Introduction
Loop Engineering provides practical patterns and CLI tools for building deterministic, repeatable AI agent workflows. Instead of one-shot prompting, it helps developers design structured loops where agents iterate on tasks with clear convergence criteria and cost controls.
What Loop Engineering Does
- Provides CLI tools (loop-init, loop-audit, loop-cost) for agent workflow management
- Includes starter templates for common loop patterns like review-fix-verify cycles
- Estimates token cost before running expensive multi-turn agent interactions
- Audits existing agent configurations for anti-patterns and inefficiencies
- Documents proven orchestration patterns from production deployments
Architecture Overview
The toolkit consists of three CLI utilities backed by a shared configuration format. loop-init scaffolds a project with loop definitions in YAML. loop-audit analyzes your prompt chains and flags unbounded loops or missing exit conditions. loop-cost simulates token usage across the loop topology without calling any model.

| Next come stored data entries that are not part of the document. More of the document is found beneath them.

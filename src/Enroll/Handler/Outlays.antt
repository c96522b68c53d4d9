-- ===== src/Enroll/Handler/Outlays.antt =====
-- What the reservation of a name in internal/security/enroll/service.go does to the token store.
use f1337_mcp.Prelude.{
  ℕ, zero, suc, ◌+◌, ◌≡◌, refl, sym, ap, ◌∙◌, ◌⊎◌, inl, inr, Bool, true, false, Option, none, some,
  Bool-cases, Text,
}
use f1337_mcp.Enroll.Token.{TokenError, Result, ok, err, TokenRecord}
use f1337_mcp.Enroll.Store.{TokenStore}
use f1337_mcp.Enroll.Service.{
  EnrolledSandbox, candidate_name, Recorded, recorded, name_taken, record_failed, FleetPorts,
  Reserved, uncertifiable, not_redeemed, no_name_free,
}
use f1337_mcp.Enroll.Handler.{
  is_taken, record_outcome, try_record, spend_first, try_name, reserve_from,
}

-- Without a redemption nothing is recorded; the redemption that counts is the first.
pub data Outlay {F : Type 0} (redeem_it : TokenStore → Result TokenRecord × TokenStore)
    (tokens : TokenStore) (fleet : F) (o : Reserved × (TokenStore × F)) : Type 0 where
  nothing_spent :
      o.1 ≡ (tokens, fleet)
      → (o.0 ≡ uncertifiable) ⊎ (o.0 ≡ no_name_free)
      → Outlay redeem_it tokens fleet o
  none_redeemed :
      (e : TokenError)
      → o.0 ≡ not_redeemed e
      → redeem_it tokens ≡ (err e, o.1.0)
      → o.1.1 ≡ fleet
      → Outlay redeem_it tokens fleet o
  one_redeemed :
      (rec : TokenRecord)
      → ((e : TokenError) → ¬ (o.0 ≡ not_redeemed e))
      → redeem_it tokens ≡ (ok rec, o.1.0)
      → Outlay redeem_it tokens fleet o

module _ {F : Type 0} (ports : FleetPorts F) (sandbox : Text → EnrolledSandbox)
    (can_certify : Text → Bool) (redeem_it : TokenStore → Result TokenRecord × TokenStore)
    (base : Text) where
  -- Rounds after the redemption leave the store alone.
  abbrev Keeps : TokenStore → Reserved × (TokenStore × F) → Type 0
  Keeps tokens o = (o.1.0 ≡ tokens) × ((e : TokenError) → ¬ (o.0 ≡ not_redeemed e))

  record_outcome-Keeps :
      (go : F → Reserved × (TokenStore × F)) (name : Text) (tokens : TokenStore) (q : F × Recorded)
      → ((fleet : F) → Keeps tokens (go fleet))
      → Keeps tokens (record_outcome ports go name tokens q)
  unfolding record_outcome
  record_outcome-Keeps go name tokens (fleet, recorded) k = (refl, λ e h. cc)
  record_outcome-Keeps go name tokens (fleet, name_taken) k = k fleet
  record_outcome-Keeps go name tokens (fleet, record_failed) k = (refl, λ e h. cc)

  try_record-Keeps :
      (go : F → Reserved × (TokenStore × F)) (r : Option (F → EnrolledSandbox → F × Recorded))
      (sb : EnrolledSandbox) (tokens : TokenStore) (fleet : F)
      → ((fleet : F) → Keeps tokens (go fleet))
      → Keeps tokens (try_record ports go r sb tokens fleet)
  unfolding try_record
  try_record-Keeps go none sb tokens fleet k = (refl, λ e h. cc)
  try_record-Keeps go (some r) sb tokens fleet k =
      record_outcome-Keeps go sb.name tokens (r fleet sb) k

  reserve_from-Keeps :
      (n i : ℕ) (tokens : TokenStore) (fleet : F)
      → Keeps tokens (reserve_from ports sandbox can_certify redeem_it base n i true tokens fleet)
  unfolding reserve_from try_name
  reserve_from-Keeps zero i tokens fleet = (refl, λ e h. cc)
  reserve_from-Keeps (suc n) i tokens fleet =
      elim (Bool-cases (is_taken ports ports.exists_name fleet (candidate_name base i))) [
        | inl taken ↦ rw taken (reserve_from-Keeps n (i + 1) tokens fleet)
        | inr free ↦ elim (Bool-cases (can_certify (candidate_name base i))) [
          | inr bad ↦ rw (free, bad) (refl, λ e h. cc)
          | inl good ↦
              rw (free, good)
                (try_record-Keeps
                  (reserve_from ports sandbox can_certify redeem_it base n (i + 1) true tokens)
                  ports.record_sandbox (sandbox (candidate_name base i)) tokens fleet
                  (λ f. reserve_from-Keeps n (i + 1) tokens f))
        ]
      ]

  spend_first-Outlay :
      (go : TokenStore → Reserved × (TokenStore × F)) (tokens : TokenStore) (fleet : F)
      (r : Result TokenRecord × TokenStore)
      → redeem_it tokens ≡ r
      → ((s : TokenStore) → Keeps s (go s))
      → Outlay redeem_it tokens fleet
          (spend_first ports sandbox can_certify redeem_it base go fleet r)
  unfolding spend_first
  spend_first-Outlay go tokens fleet (err e, s) q k = none_redeemed e refl q refl
  spend_first-Outlay go tokens fleet (ok rec, s) q k =
      one_redeemed rec (k s).1 (q ∙ ap (λ t. (ok rec, t)) (sym (k s).0))

  pub reserve_from-Outlay :
      (n i : ℕ) (tokens : TokenStore) (fleet : F)
      → Outlay redeem_it tokens fleet
          (reserve_from ports sandbox can_certify redeem_it base n i false tokens fleet)
  unfolding reserve_from try_name
  reserve_from-Outlay zero i tokens fleet = nothing_spent refl (inr refl)
  reserve_from-Outlay (suc n) i tokens fleet =
      elim (Bool-cases (is_taken ports ports.exists_name fleet (candidate_name base i))) [
        | inl taken ↦ rw taken (reserve_from-Outlay n (i + 1) tokens fleet)
        | inr free ↦ elim (Bool-cases (can_certify (candidate_name base i))) [
          | inr bad ↦ rw (free, bad) (nothing_spent refl (inl refl))
          | inl good ↦
              rw (free, good)
                (spend_first-Outlay _ tokens fleet (redeem_it tokens) refl (λ s.
                  try_record-Keeps
                    (reserve_from ports sandbox can_certify redeem_it base n (i + 1) true s)
                    ports.record_sandbox (sandbox (candidate_name base i)) s fleet
                    (λ f. reserve_from-Keeps n (i + 1) s f)))
        ]
      ]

Self-Hosting & Configuration
- Install tools globally via npm or use npx for zero-install execution
- Configure loop definitions in a loops.yaml file at project root
- Set cost budgets and iteration caps per loop in configuration
- Integrates with any AI provider via environment variable configuration
- Works alongside Claude Code, Codex, Cursor, or custom agent setups
Key Features
- Cost estimation before execution prevents budget overruns
- Audit tool catches infinite loops and missing convergence criteria
- Starter templates for 12 common patterns (review, migrate, test, etc.)
- Provider-agnostic design works with any LLM backend
- Deterministic execution order makes debugging reproducible
Comparison with Similar Tools
- LangGraph — code-heavy DAG definition vs YAML-based loop patterns
- CrewAI — role-based multi-agent vs single-agent loop orchestration
- Temporal — general workflow engine vs AI-loop-specific tooling
- Dagger — CI/CD pipelines vs prompt-loop pipelines
- Claude Code workflows — built-in orchestration vs external loop management
FAQ
Q: Does this replace my AI coding agent? A: No. It orchestrates how you use your agent by defining structured iteration patterns around it.
Q: What is a loop in this context? A: A loop is a defined cycle of prompt-execute-evaluate steps with explicit exit conditions, iteration caps, and cost limits.
Q: Can I use this with local models? A: Yes, the tools are provider-agnostic. Configure any OpenAI-compatible endpoint.
Q: How does loop-cost estimate without calling a model? A: It counts tokens in your prompt templates and multiplies by expected iterations based on the loop topology.